**PROBLEM REQUIREMENTS:**
Here is the task for the records below: repeat exactly the lines from the one with "walk host [] = none" to the one with "key_of host (some", both included, and nothing else.

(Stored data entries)
-- ===== src/Job/Kept.antt =====
-- The changes of a job and the insertions that keep what holds of every job.
use fineract_ai_reports.Prelude.{
  ==→≡, ==_refl, string_eq, nat_eq, All, All-weaken, int_eq, ℕ, ◌≡◌, refl, true, false, List, [],
  ◌∷◌, ◌++◌,
}
use fineract_ai_reports.Json.{Json}
use fineract_ai_reports.Management.{ManagementAuditEvent}
use fineract_ai_reports.Workflow.State.{}
use fineract_ai_reports.Job.{ChatJobRow, ChatDb, enqueue}
use fineract_ai_reports.Job.Audit.{}
use fineract_ai_reports.Job.Sessions.{}
use fineract_ai_reports.Job.Repository.{
  is_job, update_jobs, insert_message, CreateInput, queued_job, user_message, link_message,
  create_in,
}
use fineract_ai_reports.Job.Respond.{}
use fineract_ai_reports.Job.Terminal.{
  complete_job, fail_with_result, assistant_message, AssistantResponseTerminal, completed_as,
  failed_as, Response, end_job, terminal_event, enqueue_all, lifecycle_of, persist_response,
  store_job, may_fail, fail_job,
}
use fineract_ai_reports.Job.Tables.{All-update_where}
use fineract_ai_reports.Job.Answered.{}
use fineract_ai_reports.Job.Late.{}
use fineract_ai_reports.Job.Lifecycle.{}
use fineract_ai_reports.Job.Consistent.{
  RowHolds, asks, is_linked, Holds, IsConsistent, any-append_right, Holds-append, Keeps,
  update_jobs-IsConsistent, insert_message-IsConsistent, RowHolds-open,
}

pub complete-Keeps : (job now : ℕ) (result : Json) → Keeps (is_job job) (complete_job now result)
complete-Keeps job now result = record {
  holds = λ row t h. record { known = refl; completed = λ e. (refl, refl, refl); failed = λ e. cc };
  same_id = λ row. refl;
  same_message = λ row. refl;
}

fail_with_result-Keeps :
    (job now : ℕ) (result error : Json) → Keeps (is_job job) (fail_with_result now result error)
fail_with_result-Keeps job now result error = record {
  holds = λ row t h. record { known = refl; completed = λ e. cc; failed = λ e. (refl, refl) };
  same_id = λ row. refl;
  same_message = λ row. refl;
}

end_job-Keeps :
    (job now : ℕ) (result : Json) (terminal : AssistantResponseTerminal)
    → Keeps (is_job job) (end_job now result terminal)
end_job-Keeps job now result (completed_as outcome) = complete-Keeps job now result
end_job-Keeps job now result (failed_as error) = fail_with_result-Keeps job now result error

pub fail-Keeps : (job now : ℕ) (error : Json) → Keeps (may_fail job) (fail_job now error)
fail-Keeps job now error = record {
  holds = λ row t h. record { known = refl; completed = λ e. cc; failed = λ e. (refl, refl) };
  same_id = λ row. refl;
  same_message = λ row. refl;
}

pub store-Keeps : (job now : ℕ) (result : Json) → Keeps (is_job job) (store_job now result)
store-Keeps job now result = record {
  holds = λ row t h. record {
    known = h.known;
    completed = λ e. let (error, old, at) = h.completed e in (error, refl, at);
    failed = h.failed;
  };
  same_id = λ row. refl;
  same_message = λ row. refl;
}

pub persist_response-IsConsistent :
    (r : Response) (db : ChatDb) → IsConsistent db → IsConsistent (persist_response r db).1
unfolding persist_response
persist_response-IsConsistent r db h =
    let m = assistant_message r.now r.message_id r.session_id r.job_id r.content r.metadata_json in
    let ended =
      update_jobs-IsConsistent (is_job r.job_id) (end_job r.now r.result_json r.terminal)
        (end_job-Keeps r.job_id r.now r.result_json r.terminal) (insert_message m db)
        (insert_message-IsConsistent m db h) in
    enqueue_all-IsConsistent (lifecycle_of r r.execution)
      (enqueue (terminal_event r r.terminal) (
        update_jobs (is_job r.job_id) (end_job r.now r.result_json r.terminal)
          (insert_message m db)))
      ended
  where
    enqueue_all-IsConsistent :
        (events : List ManagementAuditEvent) (d : ChatDb)
        → IsConsistent d
        → IsConsistent (enqueue_all events d)
    enqueue_all-IsConsistent [] d p = p
    enqueue_all-IsConsistent (event ∷ events) d p =
        enqueue_all-IsConsistent events (enqueue event d) p

All-append_one :
    {A : Type 0} (P : A → Type 0) (xs : List A) (x : A) → All P xs → P x → All P (xs ++ x ∷ [])
All-append_one P [] x h p = (p, tt)
All-append_one P (y ∷ xs) x (q, h) p = (q, All-append_one P xs x h p)

-- The update that links the new job to its message links whichever job has its id.
pub create_in-IsConsistent :
    (c : CreateInput) (session : ℕ) (db : ChatDb)
    → IsConsistent db
    → IsConsistent (create_in c session db).1
create_in-IsConsistent c session db h =
    let m = user_message c session in
    let Fits = λ (row : ChatJobRow).
      RowHolds row × (is_job c.job_id row ≡ false → is_linked (db.messages ++ m ∷ []) row ≡ true) in
    let before : All Fits (db.jobs ++ queued_job c session ∷ []) =
      All-append_one Fits db.jobs (queued_job c session)
        (All-weaken
          (λ row p.
            let (holds, linked) = Holds-append db.messages (m ∷ []) row p in (holds, λ f. linked))
          db.jobs h)
        (RowHolds-open (queued_job c session) refl refl, λ f. absurd (cc (==_refl c.job_id))) in
    All-update_where (is_job c.job_id) (link_message c.user_message_id) Fits
      (Holds (db.messages ++ m ∷ []))
      (λ row t (holds, linked). (
        record { known = holds.known; completed = holds.completed; failed = holds.failed },
        let same = ==→≡ row.id c.job_id t in
            any-append_right (asks row.id c.user_message_id) db.messages (m ∷ [])
              (rw (same, ==_refl c.user_message_id, ==_refl c.job_id) refl),
      ))
      (λ row f (holds, linked). (holds, linked f)) (db.jobs ++ queued_job c session ∷ []) before
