-- ===== src/PaymentLink/Bounds.antt =====
-- The bounds of a link that was validated.
use text.Mathlib.Text.{◌==◌ as str_eq}
use pg_aggregator_back.Common.{
  Bool, false, not, Option, none, some, ◌≡◌, ℤ, pos, ◌≤ℤ◌, arith, if◌then◌else◌, ◌==◌,
}
use pg_aggregator_back.Payment.Request.{Strings, default_currency, nil_uuid, parse_environment}
use pg_aggregator_back.PaymentLink.{
  effective_bounds, CreatePaymentLinkRequest, amount_error, or_then, bounds_error, validate_link,
  LinkError, invalid_amount_bounds, title_required, unsupported_currency, merchant_id_required,
  resolved,
}

bounds_of_or :
    (a : Option LinkError) (b : Bool) (rest : Option LinkError)
    → or_then a (if b then some invalid_amount_bounds else rest) ≡ none
    → b ≡ false
bounds_of_or none b rest h = ground arith
bounds_of_or (some e) b rest h = cc

-- The last tests of the validation were reached.
reached :
    (t u : Bool) (rest : Option LinkError)
    → (if t then some title_required else if u then some unsupported_currency else rest) ≡ none
    → rest ≡ none
reached t u rest h = ground arith

validated_bounds :
    (go : Strings) (r : CreatePaymentLinkRequest)
    → validate_link go r ≡ none
    → bounds_error r.min_amount r.max_amount ≡ false
unfolding validate_link
validated_bounds go r h =
    bounds_of_or (amount_error r.amount_type r.amount) (bounds_error r.min_amount r.max_amount)
      (if r.merchant_id == nil_uuid
        then some merchant_id_required
        else resolved (parse_environment go r.environment_text))
      (reached (str_eq r.title "") (not (str_eq (default_currency r.currency) "IDR")) _ h)

bounds :
    (a b : Option ℤ)
    → bounds_error a b ≡ false
    → (pos 2000 ≤ℤ (effective_bounds a b).0)
      × ((effective_bounds a b).0 ≤ℤ (effective_bounds a b).1)
      × ((effective_bounds a b).1 ≤ℤ pos 10000000)
unfolding effective_bounds
bounds none none h = (omega arith, omega arith, omega arith)
bounds none (some b) h = (omega arith, ground arith, ground arith)
bounds (some a) none h = (ground arith, ground arith, omega arith)
bounds (some a) (some b) h = (ground arith, ground arith, ground arith)

-- A link that passes Validate has bounds that some amount satisfies, and both lie within the bounds
-- of the platform, 2000 and 10 000 000.
pub effective_bounds-validate :
    (go : Strings) (r : CreatePaymentLinkRequest)
    → validate_link go r ≡ none
    → (pos 2000 ≤ℤ (effective_bounds r.min_amount r.max_amount).0)
      × ((effective_bounds r.min_amount r.max_amount).0
          ≤ℤ (effective_bounds r.min_amount r.max_amount).1)
      × ((effective_bounds r.min_amount r.max_amount).1 ≤ℤ pos 10000000)
effective_bounds-validate go r h = bounds r.min_amount r.max_amount (validated_bounds go r h)
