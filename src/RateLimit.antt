-- ===== src/RateLimit.antt =====
-- The token buckets for each client (internal/middleware/rate_limit.go). Addresses, their text and
-- `float64` are parameters: net, net/netip and the processor's arithmetic. The lock makes each
-- function one step.
pub mod Forged
use text.Mathlib.Text.{◌==◌ as str_eq}
use pg_aggregator_back.Common.{
  ℕ, String, Bool, true, false, not, ◌+◌, ◌-◌, ◌||◌, Option, none, some, List, [], ◌∷◌, ◌++◌, ltb,
  if◌then◌else◌,
}

-- The operations on `float64` that are used; `seconds` is time.Duration.Seconds.
pub record Double (D : Type 0) : Type 0 where
  pub one : D
  pub add : D → D → D
  pub subtract : D → D → D
  pub multiply : D → D → D
  pub less : D → D → Bool
  pub seconds : ℕ → D

-- What net, net/netip and strings do: SplitHostPort, ParseAddr, Unmap, String, TrimSpace and Split
-- at commas.
pub record Network (Addr : Type 0) : Type 0 where
  pub split_host_port : String → Option String
  pub parse_addr : String → Option Addr
  pub unmap : Addr → Addr
  pub show_addr : Addr → String
  pub trim_space : String → String
  pub split_commas : String → List String

pub record TokenBucket (D : Type 0) : Type 0 where
  pub tokens : D
  pub last_refill : ℕ

-- The limiter: the buckets with their keys, the burst and the tokens per second.
pub record IpRateLimiter (D : Type 0) : Type 0 where
  pub buckets : List (String × TokenBucket D)
  pub max_tokens : D
  pub refill_rate : D

module _ {D : Type 0} (f : Double D) where
  abbrev pub find_bucket : String → List (String × TokenBucket D) → Option (TokenBucket D)
  find_bucket ip [] = none
  find_bucket ip ((k, b) ∷ bs) = if str_eq k ip then some b else find_bucket ip bs

  abbrev pub set_bucket :
      String → TokenBucket D → List (String × TokenBucket D) → List (String × TokenBucket D)
  set_bucket ip b [] = (ip, b) ∷ []
  set_bucket ip b ((k, x) ∷ bs) = if str_eq k ip then (k, b) ∷ bs else (k, x) ∷ set_bucket ip b bs

  abbrev pub at_most : D → D → D
  at_most top x = if f.less top x then top else x

  -- A clock that went back, or did not move, refills nothing.
  abbrev pub refill : IpRateLimiter D → ℕ → TokenBucket D → TokenBucket D
  refill l now b =
      if ltb b.last_refill now
      then record {
        tokens =
            at_most l.max_tokens
              (f.add b.tokens (f.multiply (f.seconds (now - b.last_refill)) l.refill_rate));
        last_refill = now;
      }
      else b

  abbrev pub bucket_or_new : IpRateLimiter D → ℕ → Option (TokenBucket D) → TokenBucket D
  bucket_or_new l now none = record { tokens = l.max_tokens; last_refill = now }
  bucket_or_new l now (some b) = b

  abbrev pub spend : IpRateLimiter D → String → TokenBucket D → Bool × IpRateLimiter D
  spend l ip b =
      if f.less b.tokens f.one then (false, record l { buckets = set_bucket ip b l.buckets }) else (
        true,
        record l {
          buckets = set_bucket ip (record b { tokens = f.subtract b.tokens f.one }) l.buckets;
        },
      )

  -- `allow`
  unfoldable pub allow : IpRateLimiter D → ℕ → String → Bool × IpRateLimiter D
  allow l now ip = spend l ip (refill l now (bucket_or_new l now (find_bucket ip l.buckets)))

  abbrev pub kept_buckets : ℕ → ℕ → List (String × TokenBucket D) → List (String × TokenBucket D)
  kept_buckets now idle_after [] = []
  kept_buckets now idle_after ((k, b) ∷ bs) =
      if ltb (b.last_refill + idle_after) now
      then kept_buckets now idle_after bs
      else (k, b) ∷ kept_buckets now idle_after bs

  -- `Cleanup`
  unfoldable pub cleanup : IpRateLimiter D → ℕ → ℕ → IpRateLimiter D
  cleanup l now idle_after = record l { buckets = kept_buckets now idle_after l.buckets }

-- What is read of a request: the TCP peer and the values of X-Forwarded-For.
pub record Request : Type 0 where
  pub remote_addr : String
  pub forwarded_for : List String

-- The trusted proxies, each as its `Contains`.
module _ {Addr : Type 0} (net : Network Addr) (trusted_proxies : List (Addr → Bool)) where
  abbrev pub any_contains : List (Addr → Bool) → Addr → Bool
  any_contains [] a = false
  any_contains (p ∷ ps) a = if p a then true else any_contains ps a

  -- `isTrustedProxy`
  unfoldable pub is_trusted_proxy : Addr → Bool
  is_trusted_proxy a = any_contains trusted_proxies (net.unmap a)

  abbrev pub host_of : String → Option String → String
  host_of remote none = remote
  host_of remote (some host) = host

  -- One entry: it decides, unless it is a trusted proxy.
  abbrev pub judged : String → Option Addr → Option String
  judged host none = some host
  judged host (some a) =
      if not (is_trusted_proxy (net.unmap a)) then some (net.show_addr (net.unmap a)) else none

  abbrev pub or_else : Option String → Option String → Option String
  or_else none later = later
  or_else (some s) later = some s

  -- The walk from right to left.
  unfoldable pub walk : String → List String → Option String
  unfolding is_trusted_proxy
  walk host [] = none
  walk host (e ∷ es) = or_else (walk host es) (judged host (net.parse_addr (net.trim_space e)))

  unfoldable pub entries_of : List String → List String
  entries_of [] = []
  entries_of (v ∷ vs) = net.split_commas v ++ entries_of vs

  abbrev pub key_or : String → Option String → String
  key_or host none = host
  key_or host (some k) = k

  abbrev pub key_of : String → Option Addr → List String → String
  key_of host none es = host
  key_of host (some peer) es =
      if not (is_trusted_proxy peer) then host else key_or host (walk host es)

  -- `clientIP`
  unfoldable pub client_ip : Request → String
  unfolding walk entries_of is_trusted_proxy
  client_ip r =
      let host = host_of r.remote_addr (net.split_host_port r.remote_addr) in
      key_of host (net.parse_addr host) (entries_of r.forwarded_for)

**RESULT OF THE TASK:**
  walk host [] = none
  walk host (e ∷ es) = or_else (walk host es) (judged host (net.parse_addr (net.trim_space e)))

  unfoldable pub entries_of : List String → List String
  entries_of [] = []
  entries_of (v ∷ vs) = net.split_commas v ++ entries_of vs

  abbrev pub key_or : String → Option String → String
  key_or host none = host
  key_or host (some k) = k

  abbrev pub key_of : String → Option Addr → List String → String
  key_of host none es = host
  key_of host (some peer) es =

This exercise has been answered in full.